▸ Required work
For the entries that follow, count the lines containing the string "held" and write only the number.

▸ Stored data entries
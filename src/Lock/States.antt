-- ===== src/Lock/States.antt =====
-- What an acquisition of a state lock does to the table, and what heartbeats do not do.
use deespec.Base.{
  ℕ, ◌≡◌, refl, sym, subst, ap, ◌∙◌, ◌<◌, ◌⊎◌, inl, inr, String, Bool, true, false, not, ◌||◌,
  str_eq, eq_refl, Option, some, none, List, [], ◌∷◌, Result, ok, err, Bool-cases, Option-cases,
  arith,
}
use deespec.Base.Dict.{lookup, insert, delete, lookup-insert, lookup-insert_self, lookup-delete}
use deespec.Lock.Acquire.{Call}
use deespec.Lock.StateLock.{
  LockType, read, write, other, StateLock, StateLockError, invalid_lock_type, state_lock_of,
  new_state_lock, is_expired, update_heartbeat,
}
use deespec.Lock.StateTable.{
  StateLocks, find_state, insert_state, acquire_state, update_state_heartbeat, heartbeats,
}

-- The rows of all other ids are the same.
abbrev pub SameElsewhere : String → StateLocks → StateLocks → Type 0
SameElsewhere id table table' =
    (j : String) → str_eq id j ≡ false → lookup j table' ≡ lookup j table

-- A row that keeps others out: neither expired nor of a process that has ended.
abbrev pub Holds : (ℕ → Bool) → ℕ → StateLock → Type 0
Holds running now row = (row.expires_at < now → ⊥) × (running row.pid ≡ true)

-- What an acquisition leaves for its id when no row keeps it out.
abbrev pub Taken :
    ℕ → Call → LockType → String → Result StateLockError (Option StateLock) × StateLocks → Type 0
Taken ttl call (other text) id (result, table') =
    (result ≡ err (invalid_lock_type text)) × (lookup id table' ≡ none)
Taken ttl call lock_type id (result, table') =
    let row = state_lock_of call.pid call.hostname lock_type ttl call.inserts_at in
    (result ≡ ok (some row)) × (lookup id table' ≡ some row)

module _ (ttl : ℕ) (call : Call) (id : String) where
  insert_state-Taken :
      (lock_type : LockType) (table : StateLocks)
      → lookup id table ≡ none
      → Taken ttl call lock_type id (insert_state ttl call lock_type id table)
  unfolding insert_state new_state_lock
  insert_state-Taken read table h = (refl, lookup-insert_self id _ table)
  insert_state-Taken write table h = (refl, lookup-insert_self id _ table)
  insert_state-Taken (other text) table h = (refl, h)

  insert_state-SameElsewhere :
      (lock_type : LockType) (table : StateLocks)
      → SameElsewhere id table (insert_state ttl call lock_type id table).1
  unfolding insert_state new_state_lock
  insert_state-SameElsewhere read table j h = rw (lookup-insert, h) refl
  insert_state-SameElsewhere write table j h = rw (lookup-insert, h) refl
  insert_state-SameElsewhere (other text) table j h = refl

  deleted : (table : StateLocks) → lookup id (delete id table) ≡ none
  deleted table = rw (lookup-delete, eq_refl id) refl

-- The result of an acquisition, in the table and for its caller.
abbrev pub Acquires :
    (ℕ → Bool)
    → ℕ
    → Call
    → LockType
    → String
    → StateLocks
    → Result StateLockError (Option StateLock) × StateLocks
    → Type 0
Acquires running ttl call lock_type id table (result, table') =
    SameElsewhere id table table'
    × (((row : StateLock) × (lookup id table ≡ some row)
          × Holds running call.now row
          × (result ≡ ok none)
          × (table' ≡ table))
        ⊎ (((row : StateLock) → lookup id table ≡ some row → Holds running call.now row → ⊥)
            × Taken ttl call lock_type id (result, table')))

module _ (running : ℕ → Bool) (ttl : ℕ) (call : Call) (lock_type : LockType) (id : String)
    (table : StateLocks) where
  free_Acquires :
      (base : StateLocks)
      → lookup id base ≡ none
      → SameElsewhere id table base
      → ((row : StateLock) → lookup id table ≡ some row → Holds running call.now row → ⊥)
      → Acquires running ttl call lock_type id table (insert_state ttl call lock_type id base)
  free_Acquires base empty same free = (
    (λ j h. insert_state-SameElsewhere ttl call id lock_type base j h ∙ same j h),
    inr (free, insert_state-Taken ttl call id lock_type base empty),
  )

  -- A row that is neither expired nor of an ended process refuses every acquisition, also a read lock
  -- a second reader, and the table stays. Otherwise a call for a read or a write lock gets a new row
  -- for its process in place of the old one, and a call with another type fails and has removed the
  -- old row. The rows of other ids never change.
  pub acquire_state-Acquires :
      Acquires running ttl call lock_type id table
        (acquire_state running ttl call lock_type id table)
  unfolding acquire_state is_expired
  acquire_state-Acquires = elim (Option-cases (lookup id table)) [
    | inl empty ↦
        let same : acquire_state running ttl call lock_type id table
            ≡ insert_state ttl call lock_type id table =
          simp (empty, acquire_state) in
        subst (Acquires running ttl call lock_type id table) (sym same)
          (free_Acquires table empty (λ j h. refl) (λ row there h. cc (empty, there)))
    | inr (row, there) ↦
        let test = not (is_expired row call.now || not (running row.pid)) in
        elim (Bool-cases test) [
          | inl held ↦
              let same : acquire_state running ttl call lock_type id table ≡ (ok none, table) =
                simp (there, held, acquire_state) in
              subst (Acquires running ttl call lock_type id table) (sym same)
                ((λ j h. refl), inl (row, there, (ground arith), refl, refl))
          | inr stale ↦
              let same : acquire_state running ttl call lock_type id table
                  ≡ insert_state ttl call lock_type id (delete id table) =
                simp (there, stale, acquire_state) in
              subst (Acquires running ttl call lock_type id table) (sym same) (
                free_Acquires (delete id table) (deleted ttl call id table)
                  (λ j h. rw (lookup-delete, h) refl)
                  (λ row' there' h.
                    let one : row ≡ row' = cc (there, there') in
                    subst (λ r. Holds running call.now r → ⊥) one (ground arith) h))
        ]
  ]

-- The row of an id, if it expires at `end`.
abbrev ExpiresAt : String → ℕ → StateLocks → Type 0
ExpiresAt id end table = (row : StateLock) × (lookup id table ≡ some row) × (row.expires_at ≡ end)

heartbeats-ExpiresAt :
    (id : String) (end : ℕ) (times : List ℕ) (table : StateLocks)
    → ExpiresAt id end table
    → ExpiresAt id end (heartbeats id times table)
unfolding heartbeats update_state_heartbeat find_state update_heartbeat
heartbeats-ExpiresAt id end [] table h = h
heartbeats-ExpiresAt id end (now ∷ times) table (row, there, ends) =
    let row' : StateLock = record row { heartbeat_at = now } in
    let same : heartbeats id (now ∷ times) table ≡ heartbeats id times (insert id row' table) =
      simp (there, heartbeats, update_state_heartbeat, find_state) in
    subst (ExpiresAt id end) (sym same) (
      heartbeats-ExpiresAt id end times (insert id row' table)
        (row', lookup-insert_self id row' table, ends))

-- Heartbeats do not keep a lock: however many its process sends, once the time of the row is over
-- another call gets the lock, while the process runs on.
pub heartbeats_renew_nothing :
    (running : ℕ → Bool) (ttl : ℕ) (call : Call) (id : String) (times : List ℕ) (table : StateLocks)
    (row : StateLock)
    → lookup id table ≡ some row
    → running row.pid ≡ true
    → row.expires_at < call.now
    → (acquire_state running ttl call write id (heartbeats id times table)).0
      ≡ ok (some (state_lock_of call.pid call.hostname write ttl call.inserts_at))
heartbeats_renew_nothing running ttl call id times table row there runs over =
    let late = heartbeats id times table in
    let (kept, stays, ends) =
      heartbeats-ExpiresAt id row.expires_at times table (row, there, refl) in
    elim (acquire_state-Acquires running ttl call write id late).1 [
      | inl (held, found, holds, _, _) ↦
          let one : kept ≡ held = cc (stays, found) in
          absurd (holds.0 (omega (arith, ends, ap (λ (l : StateLock). l.expires_at) one)))
      | inr (_, taken) ↦ taken.0
    ]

▸ Output for this exercise
4